Mendonça libera dados de Daniel Vorcaro à CPMI do INSS e à Polícia Federal
Ministro do STF reconsidera decisão anterior e aponta interesse público na apuração de fraudes
JUSTIÇA FEDERALO ministro do Supremo Tribunal Federal (STF) André Mendonça autorizou que os dados do banqueiro Daniel Vorcaro, obtidos por meio de quebras de sigilo, sejam devolvidos à Comissão Parlamentar Mista de Inquérito (CPMI) do INSS e compartilhados com a Polícia Federal (PF). A decisão reconsidera entendimento anterior do ministro Dias Toffoli, que havia determinado que as informações ficassem sob guarda do presidente do Senado, Davi Alcolumbre (União-AP).
Ao analisar o pedido da CPMI, Mendonça destacou que a investigação trata de possível fraude contra o sistema previdenciário, tema que, segundo ele, envolve interesse público direto e proteção de recursos destinados à população.
"A investigação de fraudes em detrimento do sistema previdenciário envolve interesse público primário, relacionado à proteção do patrimônio público, bem como à defesa de parcela vulnerável da população", afirmou o ministro na decisão.
A medida devolve à comissão parlamentar o acesso aos dados que foram produzidos a partir de sua própria iniciativa de quebra de sigilo, além de permitir o compartilhamento das informações com a Polícia Federal, que conduz apurações no âmbito criminal.
O caso estava sob relatoria de Dias Toffoli, que havia determinado que os dados permanecessem sob responsabilidade do presidente do Senado. Com a reconsideração feita por Mendonça, os documentos retornam ao escopo da CPMI, fortalecendo o trabalho investigativo do colegiado.
Na decisão, o ministro ressaltou que a devolução das informações e o compartilhamento com a PF são medidas compatíveis com a finalidade constitucional das comissões parlamentares de inquérito.

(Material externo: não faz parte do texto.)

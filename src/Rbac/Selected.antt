-- ===== src/Rbac/Selected.antt =====
-- What toggling a verb or a resource selects (frontend/public/components/RBAC/edit-rule.jsx).
use web_ui.Base.{
  ◌≡◌, refl, sym, ap, ◌∙◌, Bool, true, false, ◌&&◌, not, List, [], ◌∷◌, filter, if◌then◌else◌,
  arith,
}
use web_ui.Base.Text.{Text, same_text, same_text_iff}
use web_ui.Rbac.Rule.{
  has, delete, all_verbs, VerbControl, read_only, every_verb, custom_verbs, ResourceControl, safe,
  every_resource, non_resource, custom_resources, EditRule, verb_selected, is_verb_selected,
  resource_selected, is_resource_selected, toggled, verbs_to_toggle, toggle_verb,
  resources_to_toggle, toggle_resource,
}

has-delete :
    (v w : Text) (set : List Text) → has (delete v set) w ≡ (has set w && not (same_text w v))
has-delete v w [] = refl
has-delete v w (x ∷ set) =
    ground (arith, has-delete v w set, same_text_iff w v, same_text_iff x v, same_text_iff w x)

-- A test cannot tell equal texts apart.
same_test : (p : Text → Bool) (w x : Text) → same_text w x ≡ true → p x ≡ p w
same_test p w x e = ap p (sym ((same_text_iff w x).0 e))

pub has-filter :
    (p : Text → Bool) (w : Text) (set : List Text) → has (filter p set) w ≡ (has set w && p w)
has-filter p w [] = refl
has-filter p w (x ∷ set) = ground (arith, has-filter p w set, same_test p w x)

has-toggled :
    (v w : Text) (b : Bool) (set : List Text)
    → has (toggled v b set) w ≡ (if same_text w v then b else has set w)
has-toggled v w true set = ground arith
has-toggled v w false set = has-delete v w set ∙ ground arith

module _ (s : EditRule) (v w : Text) (b : Bool) where
  has-verbs_to_toggle :
      (c : VerbControl)
      → s.verb_control ≡ c
      → has all_verbs w ≡ true
      → has (verbs_to_toggle s c) w ≡ is_verb_selected s w
  unfolding verbs_to_toggle is_verb_selected verb_selected
  has-verbs_to_toggle custom_verbs e h = rw e refl
  has-verbs_to_toggle read_only e h =
      has-filter (is_verb_selected s) w all_verbs ∙ ap (λ d. d && is_verb_selected s w) h
  has-verbs_to_toggle every_verb e h =
      has-filter (is_verb_selected s) w all_verbs ∙ ap (λ d. d && is_verb_selected s w) h

  -- Toggling a verb selects or deselects it, and leaves every other verb of the editor as it was, whatever
  -- was chosen before.
  pub is_verb_selected-toggle_verb :
      has all_verbs w ≡ true
      → is_verb_selected (toggle_verb v b s) w ≡ (if same_text w v then b else is_verb_selected s w)
  unfolding toggle_verb is_verb_selected verb_selected
  is_verb_selected-toggle_verb h =
      has-toggled v w b (verbs_to_toggle s s.verb_control)
      ∙ ap (λ d. if same_text w v then b else d) (has-verbs_to_toggle s.verb_control refl h)

module _ (admin_resources all_resources : List Text) (s : EditRule) (v w : Text) (b : Bool) where
  has-resources_to_toggle :
      (c : ResourceControl)
      → s.resource_control ≡ c
      → has all_resources w ≡ true
      → has (resources_to_toggle admin_resources all_resources s c) w
        ≡ is_resource_selected admin_resources s w
  unfolding resources_to_toggle is_resource_selected resource_selected
  has-resources_to_toggle custom_resources e h = rw e refl
  has-resources_to_toggle safe e h =
      has-filter (is_resource_selected admin_resources s) w all_resources
      ∙ ap (λ d. d && is_resource_selected admin_resources s w) h
  has-resources_to_toggle non_resource e h =
      has-filter (is_resource_selected admin_resources s) w all_resources
      ∙ ap (λ d. d && is_resource_selected admin_resources s w) h
  has-resources_to_toggle every_resource e h =
      has-filter (is_resource_selected admin_resources s) w all_resources
      ∙ ap (λ d. d && is_resource_selected admin_resources s w) h

  -- The same of the resources of the cluster.
  pub is_resource_selected-toggle_resource :
      has all_resources w ≡ true
      → is_resource_selected admin_resources (toggle_resource admin_resources all_resources v b s) w
        ≡ (if same_text w v then b else is_resource_selected admin_resources s w)
  unfolding toggle_resource is_resource_selected resource_selected
  is_resource_selected-toggle_resource h =
      has-toggled v w b (resources_to_toggle admin_resources all_resources s s.resource_control)
      ∙ ap (λ d. if same_text w v then b else d) (has-resources_to_toggle s.resource_control refl h)
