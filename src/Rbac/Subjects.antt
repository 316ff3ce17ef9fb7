-- ===== src/Rbac/Subjects.antt =====
-- frontend/public/components/RBAC/bindings.jsx: which rows a binding has, and what the form changes.
use web_ui.Base.{
  Bool, false, ◌≢◌, length-append, append_assoc, ◌+◌, ap₂, ℕ, zero, suc, true, ◌≡◌, ◌∙◌, refl, sym,
  ap, Option, none, some, List, [], ◌∷◌, ◌++◌, null, get_elem?, if◌then◌else◌, All, All-append,
  Bool-cases, inl, inr, arith, length,
}
use web_ui.Base.Text.{codes, same_text, Text}
use web_ui.Rbac.Bindings.{
  Subject, Binding, BindingRow, no_subject, row_key_of, push_subjects, push_binding, push_bindings,
  flatten,
}
use web_ui.Rbac.BindingForm.{
  item_at, FormData, SubjectPatch, get_subject, write_at, set_subject, with_fields, rbac_group,
  with_kind, with_name, with_namespace, assigned, subject_or_empty,
}

-- A row shows the subject at its index, or else its binding has none.
abbrev pub ShowsAt : Option ℕ → Option Text → Subject → Binding → Type 0
ShowsAt none key s b = null b.subjects ≡ true × s ≡ no_subject × key ≡ none
ShowsAt (some i) key s b = get_elem? b.subjects i ≡ some s × key ≡ some (row_key_of b s)

abbrev pub IsShown : BindingRow → Type 0
IsShown r = ShowsAt r.subject_index r.row_key r.subject r.binding

get_elem?-append :
    (done : List Subject) (s : Subject) (ss : List Subject)
    → get_elem? (done ++ s ∷ ss) (length done) ≡ some s
get_elem?-append [] s ss = refl
get_elem?-append (d ∷ done) s ss = get_elem?-append done s ss

snoc_assoc :
    (done : List Subject) (s : Subject) (ss : List Subject)
    → (done ++ s ∷ []) ++ ss ≡ done ++ s ∷ ss
snoc_assoc done s ss = append_assoc done (s ∷ []) ss

push_subjects-IsShown :
    (b : Binding) (i : ℕ) (done ss : List Subject) (rows : List BindingRow)
    → length done ≡ i
    → b.subjects ≡ done ++ ss
    → All IsShown rows
    → All IsShown (push_subjects b i ss rows)
unfolding push_subjects
push_subjects-IsShown b i done [] rows n e h = h
push_subjects-IsShown b i done (s ∷ ss) rows n e h =
    push_subjects-IsShown b (suc i) (done ++ s ∷ []) ss _
      (omega (arith, n, length-append done (s ∷ []))) (e ∙ sym (snoc_assoc done s ss))
      (All-append IsShown rows _ h (
        ((
          ap (get_elem? b.subjects) (sym n)
              ∙ ap (λ us. get_elem? us (length done)) e
              ∙ get_elem?-append done s ss,
          refl,
        )),
        tt,
      ))

push_binding-IsShown :
    (b : Option Binding) (rows : List BindingRow)
    → All IsShown rows
    → All IsShown (push_binding b rows)
unfolding push_binding
push_binding-IsShown none rows h = h
push_binding-IsShown (some b) rows h = elim (Bool-cases (null b.subjects)) [
  | inl e ↦ rw e (All-append IsShown rows _ h ((e, refl, refl), tt))
  | inr e ↦ rw e (push_subjects-IsShown b zero [] b.subjects rows refl refl h)
]

push_bindings-IsShown :
    (bs : List (Option Binding)) (rows : List BindingRow)
    → All IsShown rows
    → All IsShown (push_bindings bs rows)
unfolding push_bindings
push_bindings-IsShown [] rows h = h
push_bindings-IsShown (b ∷ bs) rows h =
    push_bindings-IsShown bs (push_binding b rows) (push_binding-IsShown b rows h)

flatten-IsShown : (resources : List (List (Option Binding))) → All IsShown (flatten resources)
unfolding flatten
flatten-IsShown [] = tt
flatten-IsShown (d ∷ resources) =
    All-append IsShown (push_bindings d []) (flatten resources) (push_bindings-IsShown d [] tt)
      (flatten-IsShown resources)

-- A binding has a row for each of its subjects, and one at least.
abbrev pub row_count : Option Binding → ℕ
row_count none = 0
row_count (some b) = if null b.subjects then 1 else length b.subjects

abbrev pub row_count_all : List (Option Binding) → ℕ
row_count_all [] = 0
row_count_all (b ∷ bs) = row_count b + row_count_all bs

abbrev pub row_total : List (List (Option Binding)) → ℕ
row_total [] = 0
row_total (d ∷ resources) = row_count_all d + row_total resources

length-push_subjects :
    (b : Binding) (i : ℕ) (ss : List Subject) (rows : List BindingRow)
    → length (push_subjects b i ss rows) ≡ length rows + length ss
unfolding push_subjects
length-push_subjects b i [] rows = omega arith
length-push_subjects b i (s ∷ ss) rows =
    length-push_subjects b (suc i) ss _
    ∙ ap (λ n. n + length ss) (length-append rows _)
    ∙ omega arith

length-push_binding :
    (b : Option Binding) (rows : List BindingRow)
    → length (push_binding b rows) ≡ length rows + row_count b
unfolding push_binding
length-push_binding none rows = omega arith
length-push_binding (some b) rows = elim (Bool-cases (null b.subjects)) [
  | inl e ↦ rw e (length-append rows _)
  | inr e ↦ rw e (length-push_subjects b zero b.subjects rows)
]

length-push_bindings :
    (bs : List (Option Binding)) (rows : List BindingRow)
    → length (push_bindings bs rows) ≡ length rows + row_count_all bs
unfolding push_bindings
length-push_bindings [] rows = omega arith
length-push_bindings (b ∷ bs) rows =
    length-push_bindings bs (push_binding b rows)
    ∙ ap (λ n. n + row_count_all bs) (length-push_binding b rows)
    ∙ omega arith

length-flatten :
    (resources : List (List (Option Binding))) → length (flatten resources) ≡ row_total resources
unfolding flatten
length-flatten [] = refl
length-flatten (d ∷ resources) =
    length-append (push_bindings d []) (flatten resources)
    ∙ ap₂ ◌+◌ (length-push_bindings d [] ∙ omega arith) (length-flatten resources)

-- Each row shows the subject of its binding at its index, with its own key, or dashes where the binding
-- has no subject; and there are as many rows as the bindings have subjects, where one without counts once.
pub flatten_lem :
    (resources : List (List (Option Binding)))
    → All IsShown (flatten resources) × length (flatten resources) ≡ row_total resources
flatten_lem resources = (flatten-IsShown resources, length-flatten resources)

item_at-write_at :
    {A : Type 0} (i : ℕ) (x : A) (ys : List (Option A)) → item_at i (write_at i x ys) ≡ some x
unfolding write_at item_at
item_at-write_at zero x [] = refl
item_at-write_at zero x (y ∷ ys) = refl
item_at-write_at (suc i) x [] = item_at-write_at i x []
item_at-write_at (suc i) x (y ∷ ys) = item_at-write_at i x ys

item_at-write_at_other :
    {A : Type 0} (i j : ℕ) (x : A) (ys : List (Option A))
    → i ≢ j
    → item_at j (write_at i x ys) ≡ item_at j ys
unfolding write_at item_at
item_at-write_at_other zero zero x ys h = absurd (h refl)
item_at-write_at_other zero (suc j) x [] h = refl
item_at-write_at_other zero (suc j) x (y ∷ ys) h = refl
item_at-write_at_other (suc i) zero x [] h = refl
item_at-write_at_other (suc i) zero x (y ∷ ys) h = refl
item_at-write_at_other (suc i) (suc j) x [] h = item_at-write_at_other i j x [] (λ e. h (ap suc e))
item_at-write_at_other (suc i) (suc j) x (y ∷ ys) h =
    item_at-write_at_other i j x ys (λ e. h (ap suc e))

-- What a control gives, field by field.
abbrev pub kind_after : SubjectPatch → Subject → Text
kind_after (with_kind v) s = v
kind_after _ s = s.kind

abbrev pub name_after : SubjectPatch → Subject → Text
name_after (with_name v) s = v
name_after _ s = s.name

abbrev pub namespace_after : SubjectPatch → Subject → Text
namespace_after (with_namespace v) s = v
namespace_after _ s = s.namespace

-- A service account has a namespace and no group, and every other subject the group and no namespace.
abbrev pub subject_after : SubjectPatch → Subject → Subject
subject_after p s =
    let account = same_text (kind_after p s) (codes "ServiceAccount") in
    record {
      api_group = if account then [] else codes "rbac.authorization.k8s.io";
      kind = kind_after p s;
      name = name_after p s;
      namespace = if account then namespace_after p s else [];
    }

with_fields_lem :
    (s : Subject) (b : Bool)
    → (if b
        then (let r : Subject = record {
          api_group = [];
          kind = s.kind;
          name = s.name;
          namespace = s.namespace;
        } in
            r)
        else (let r : Subject = record {
          api_group = rbac_group;
          kind = s.kind;
          name = s.name;
          namespace = [];
        } in
            r))
      ≡ record {
        api_group = if b then [] else rbac_group;
        kind = s.kind;
        name = s.name;
        namespace = if b then s.namespace else [];
      }
with_fields_lem s true = refl
with_fields_lem s false = refl

with_fields-assigned :
    (p : SubjectPatch) (s : Subject) → with_fields (assigned p s) ≡ subject_after p s
unfolding with_fields
with_fields-assigned (with_kind v) s =
    with_fields_lem (assigned (with_kind v) s) (same_text v (codes "ServiceAccount"))
with_fields-assigned (with_name v) s =
    with_fields_lem (assigned (with_name v) s) (same_text s.kind (codes "ServiceAccount"))
with_fields-assigned (with_namespace v) s =
    with_fields_lem (assigned (with_namespace v) s) (same_text s.kind (codes "ServiceAccount"))

-- A control of the form changes its field of the subject at the form's index, where a missing subject is
-- an empty one. If the kind is then ServiceAccount, the subject has its namespace and no group, and otherwise
-- the group of the roles and no namespace; its other fields and the subjects at other indices stay.
pub get_subject-set_subject :
    (i j : ℕ) (patch : SubjectPatch) (d : FormData)
    → i ≢ j
    → (get_subject i (set_subject i patch d)
        ≡ some (subject_after patch (subject_or_empty (get_subject i d))))
      × (get_subject j (set_subject i patch d) ≡ get_subject j d)
unfolding set_subject
get_subject-set_subject i j patch d h = (
  item_at-write_at i _ d.subjects
      ∙ ap some (with_fields-assigned patch (subject_or_empty (get_subject i d))),
  item_at-write_at_other i j _ d.subjects h,
)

Segundo ele, a providência é "adequada, necessária e proporcional para assegurar a continuidade das investigações e a plena realização da finalidade constitucional das CPIs".
A Constituição garante às CPIs poderes de investigação semelhantes aos das autoridades judiciais, o que inclui a possibilidade de solicitar quebras de sigilo, desde que respeitados os limites legais.
Apesar de autorizar o uso dos dados, Mendonça determinou que o acesso às informações observe rigorosamente as garantias fundamentais. O ministro fez referência à necessidade de preservar a intimidade dos envolvidos e assegurar a cadeia de custódia das provas.
Ele estabeleceu que o uso dos dados "observe rigorosamente as garantias fundamentais, inclusive quanto à preservação da intimidade e à cadeia de custódia da prova".
A menção à cadeia de custódia diz respeito ao controle formal sobre a coleta, o armazenamento e a utilização das provas, para evitar questionamentos futuros quanto à validade do material.
Com a decisão, a CPMI do INSS retoma o acesso aos dados obtidos por meio das quebras de sigilo e poderá utilizá-los em suas apurações, enquanto a Polícia Federal também poderá analisar as informações no âmbito das investigações.
A medida reforça o papel das comissões parlamentares na fiscalização de possíveis irregularidades envolvendo recursos públicos e sinaliza a continuidade das apurações relacionadas ao sistema previdenciário.